"""

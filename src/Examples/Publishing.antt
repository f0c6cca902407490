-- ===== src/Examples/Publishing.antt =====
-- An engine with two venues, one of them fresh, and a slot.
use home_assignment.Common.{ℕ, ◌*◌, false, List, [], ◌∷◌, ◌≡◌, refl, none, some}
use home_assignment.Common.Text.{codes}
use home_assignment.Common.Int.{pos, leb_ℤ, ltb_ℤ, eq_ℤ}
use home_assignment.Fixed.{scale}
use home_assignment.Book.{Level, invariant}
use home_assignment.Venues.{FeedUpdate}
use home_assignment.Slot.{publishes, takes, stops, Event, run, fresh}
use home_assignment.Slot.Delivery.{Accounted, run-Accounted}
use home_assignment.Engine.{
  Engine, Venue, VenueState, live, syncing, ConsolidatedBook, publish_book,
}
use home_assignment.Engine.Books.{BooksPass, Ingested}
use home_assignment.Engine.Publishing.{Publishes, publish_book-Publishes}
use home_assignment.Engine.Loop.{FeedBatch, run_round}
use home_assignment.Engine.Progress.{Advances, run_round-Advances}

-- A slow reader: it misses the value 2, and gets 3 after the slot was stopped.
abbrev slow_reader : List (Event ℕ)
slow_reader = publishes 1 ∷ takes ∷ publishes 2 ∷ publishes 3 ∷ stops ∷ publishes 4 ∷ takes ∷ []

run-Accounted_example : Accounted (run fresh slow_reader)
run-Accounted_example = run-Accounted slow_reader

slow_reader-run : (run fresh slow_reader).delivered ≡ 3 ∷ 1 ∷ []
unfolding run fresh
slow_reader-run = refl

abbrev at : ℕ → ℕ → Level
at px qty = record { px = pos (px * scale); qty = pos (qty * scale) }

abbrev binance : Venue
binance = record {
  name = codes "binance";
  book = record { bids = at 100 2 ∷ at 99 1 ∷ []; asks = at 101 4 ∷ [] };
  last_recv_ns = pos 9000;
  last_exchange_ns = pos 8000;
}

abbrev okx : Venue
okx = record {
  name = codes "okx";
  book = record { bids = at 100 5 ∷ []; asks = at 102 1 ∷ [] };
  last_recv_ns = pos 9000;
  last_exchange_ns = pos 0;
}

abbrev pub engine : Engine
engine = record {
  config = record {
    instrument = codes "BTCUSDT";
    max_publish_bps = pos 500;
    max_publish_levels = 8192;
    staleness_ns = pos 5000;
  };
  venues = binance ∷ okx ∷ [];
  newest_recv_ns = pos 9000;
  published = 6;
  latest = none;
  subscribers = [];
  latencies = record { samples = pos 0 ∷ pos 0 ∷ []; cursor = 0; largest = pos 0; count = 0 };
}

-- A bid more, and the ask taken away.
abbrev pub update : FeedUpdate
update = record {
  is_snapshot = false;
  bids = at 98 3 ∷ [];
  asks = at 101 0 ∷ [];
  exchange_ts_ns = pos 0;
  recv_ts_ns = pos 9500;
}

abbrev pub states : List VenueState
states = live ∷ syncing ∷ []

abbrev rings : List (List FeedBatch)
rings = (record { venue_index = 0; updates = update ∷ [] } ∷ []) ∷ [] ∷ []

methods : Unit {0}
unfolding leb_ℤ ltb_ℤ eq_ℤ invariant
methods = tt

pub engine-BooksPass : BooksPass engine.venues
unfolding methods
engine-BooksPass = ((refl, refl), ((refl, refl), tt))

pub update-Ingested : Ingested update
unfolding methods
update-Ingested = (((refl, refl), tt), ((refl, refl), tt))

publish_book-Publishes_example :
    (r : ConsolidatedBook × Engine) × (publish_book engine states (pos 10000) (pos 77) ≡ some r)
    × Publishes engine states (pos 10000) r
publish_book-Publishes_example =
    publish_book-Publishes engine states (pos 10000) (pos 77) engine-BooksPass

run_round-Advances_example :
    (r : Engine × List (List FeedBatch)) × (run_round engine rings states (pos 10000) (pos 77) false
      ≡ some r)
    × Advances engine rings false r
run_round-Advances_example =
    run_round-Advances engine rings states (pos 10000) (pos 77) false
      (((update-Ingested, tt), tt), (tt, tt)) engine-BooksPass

"""
"""

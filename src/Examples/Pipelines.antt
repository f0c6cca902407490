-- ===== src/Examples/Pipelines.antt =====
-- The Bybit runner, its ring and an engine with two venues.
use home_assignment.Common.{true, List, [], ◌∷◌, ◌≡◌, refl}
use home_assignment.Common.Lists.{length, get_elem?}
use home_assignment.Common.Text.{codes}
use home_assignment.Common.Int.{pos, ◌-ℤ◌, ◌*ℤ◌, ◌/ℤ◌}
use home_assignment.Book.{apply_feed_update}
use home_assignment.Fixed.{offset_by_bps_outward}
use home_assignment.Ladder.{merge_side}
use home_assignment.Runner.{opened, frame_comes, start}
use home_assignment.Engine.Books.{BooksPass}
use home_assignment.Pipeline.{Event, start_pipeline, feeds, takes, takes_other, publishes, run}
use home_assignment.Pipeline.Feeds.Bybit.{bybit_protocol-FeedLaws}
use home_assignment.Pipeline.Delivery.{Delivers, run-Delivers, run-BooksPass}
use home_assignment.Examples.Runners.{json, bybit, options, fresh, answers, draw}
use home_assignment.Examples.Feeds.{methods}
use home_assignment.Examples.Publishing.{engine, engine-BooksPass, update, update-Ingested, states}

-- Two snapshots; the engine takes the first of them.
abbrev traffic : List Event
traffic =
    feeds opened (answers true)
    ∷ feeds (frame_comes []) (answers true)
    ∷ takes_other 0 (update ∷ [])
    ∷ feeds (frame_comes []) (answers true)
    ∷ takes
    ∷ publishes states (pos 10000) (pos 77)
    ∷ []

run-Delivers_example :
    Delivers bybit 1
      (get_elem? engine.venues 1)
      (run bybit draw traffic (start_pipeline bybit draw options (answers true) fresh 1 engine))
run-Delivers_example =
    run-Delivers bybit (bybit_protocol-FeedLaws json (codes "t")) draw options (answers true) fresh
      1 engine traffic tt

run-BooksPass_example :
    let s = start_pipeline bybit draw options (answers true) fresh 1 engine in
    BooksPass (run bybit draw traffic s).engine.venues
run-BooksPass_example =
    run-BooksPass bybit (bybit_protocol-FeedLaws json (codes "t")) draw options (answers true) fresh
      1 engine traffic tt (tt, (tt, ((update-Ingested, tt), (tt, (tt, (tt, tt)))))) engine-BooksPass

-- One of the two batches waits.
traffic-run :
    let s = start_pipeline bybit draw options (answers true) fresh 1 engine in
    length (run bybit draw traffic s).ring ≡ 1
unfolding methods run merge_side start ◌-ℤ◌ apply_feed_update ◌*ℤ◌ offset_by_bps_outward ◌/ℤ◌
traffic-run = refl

"""

> Problem details
Every line of the material that includes the word "some" needs to be copied.

> Task result
use home_assignment.Common.{ℕ, ◌*◌, false, List, [], ◌∷◌, ◌≡◌, refl, none, some}
    (r : ConsolidatedBook × Engine) × (publish_book engine states (pos 10000) (pos 77) ≡ some r)
      ≡ some r)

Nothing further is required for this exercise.